In a handful of cases, apoaequorin consumption has been associated with heart and nervous system problems, but in these cases, it is unclear whether apoaequorin was the cause in those cases or just incidental. There is also little evidence on how Prevagen interacts with other medications.
- Only two ingredients. If the large amount of ingredients in Focus Factor worries you then you might feel more comfortable taking Prevagen
- The main ingredient in Prevagen, apoaequorin, has some beneficial effects on memory in older adults. However, it is not sure whether Prevagen itself is effective for memory.
- Prevagen and apoaequorin are nontoxic and safe to consume for human adults
- Prevagen is relatively affordable and won’t break the bank when buying
- Prevagen might also contain mils, nuts, and soy, all three of which are common allergens.
- The actual effectiveness of apoaequorin is still up for debate and more research is necessary.
- The FTc charged the creator of Prevagen for false advertising.
So, which is better: Focus Factor vs. Prevagen?
In our estimation, we would say that Focus Factor is the better option to choose from. Focus Factor might be more of a generic multivitamin than a fancy nootropic, but it has a lot of decent vitamins and minerals, along with a proprietary blend that has a lot of ingredients with some demonstrated positive effects.
Even if Focus Factor does not help your memory and cognitive functioning very much, then it still has some good ingredients in it such as vitamin B, riboflavin, manganese, iron, and so on.

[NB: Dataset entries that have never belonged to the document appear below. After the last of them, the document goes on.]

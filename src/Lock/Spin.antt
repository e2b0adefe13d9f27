-- ===== src/Lock/Spin.antt =====
-- src/sync/mutex.rs: Mutex, the lock that spins, as the steps of the harts that lock it. Each step is one
-- access to the shared fields, so the harts interleave between them.
use mankoros.Base.{ℕ, ◌+◌, ◌≡◌, Bool, true, false, ◌==◌, if◌then◌else◌, update}

-- where a hart is: outside of `lock`, before the exchange, after a failed one, waiting, after the exchange,
-- holding the guard, or stopped by a panic
pub data Place : Type 0 where
  outside : Place
  exchanging : Place
  failed : Place
  waiting : ℕ → Place
  marking : Place
  guarded : Place
  panicked : Place

pub record Mutex : Type 0 where
  pub locked : Bool
  pub hart_id : ℕ
  pub harts : ℕ → Place

unfoldable pub new : Mutex
new = record { locked = false; hart_id = 0; harts = λ h. outside }

abbrev pub moves : Mutex → ℕ → Place → Mutex
moves m h p = record m { harts = update m.harts h p }

-- `compare_exchange(false, true)`
unfoldable pub exchange : Mutex → ℕ → Mutex
exchange m h = if m.locked then moves m h failed else record (moves m h marking) { locked = true }

-- the test of `hart_id` after a failed exchange
unfoldable pub check_owner : Mutex → ℕ → Mutex
check_owner m h = moves m h (if h == m.hart_id then panicked else waiting 0)

-- one turn of the inner loop, after `n` turns
unfoldable pub spin : Mutex → ℕ → ℕ → Mutex
spin m h n =
    if m.locked
    then moves m h (if n + 1 == 0x100_0000 then panicked else waiting (n + 1))
    else moves m h exchanging

unfoldable pub mark : Mutex → ℕ → Mutex
mark m h = record (moves m h guarded) { hart_id = h }

unfoldable pub drop_guard : Mutex → ℕ → Mutex
drop_guard m h = record (moves m h outside) { locked = false }

pub data Step : Mutex → Mutex → Type 0 where
  calls : {m : Mutex} (h : ℕ) → m.harts h ≡ outside → Step m (moves m h exchanging)
  exchanges : {m : Mutex} (h : ℕ) → m.harts h ≡ exchanging → Step m (exchange m h)
  checks : {m : Mutex} (h : ℕ) → m.harts h ≡ failed → Step m (check_owner m h)
  spins : {m : Mutex} (h n : ℕ) → m.harts h ≡ waiting n → Step m (spin m h n)
  marks : {m : Mutex} (h : ℕ) → m.harts h ≡ marking → Step m (mark m h)
  drops : {m : Mutex} (h : ℕ) → m.harts h ≡ guarded → Step m (drop_guard m h)

pub data Steps : Mutex → Mutex → Type 0 where
  stay : {m : Mutex} → Steps m m
  step : {m n o : Mutex} → Step m n → Steps n o → Steps m o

These are all useful things that can help your mental concentration by making sure you are not deficient in any nutrients. But it might be a stretch to say that Focus Factor is a real “nootropic” rather than a regular multivitamin with some unique ingredients and a fancy name.
The problem with Prevagen is that it puts its entire operation on a single ingredient that has mixed data about its effects. So, if you are currently trying to decide between Focus Factor and Prevagen then we would recommend going with Focus Factor.
At the end of the day, nootropics are a tough category to nail down, so make sure that when buying that you are researching the individual ingredients rather than relying on marketing terms like “nootropics.”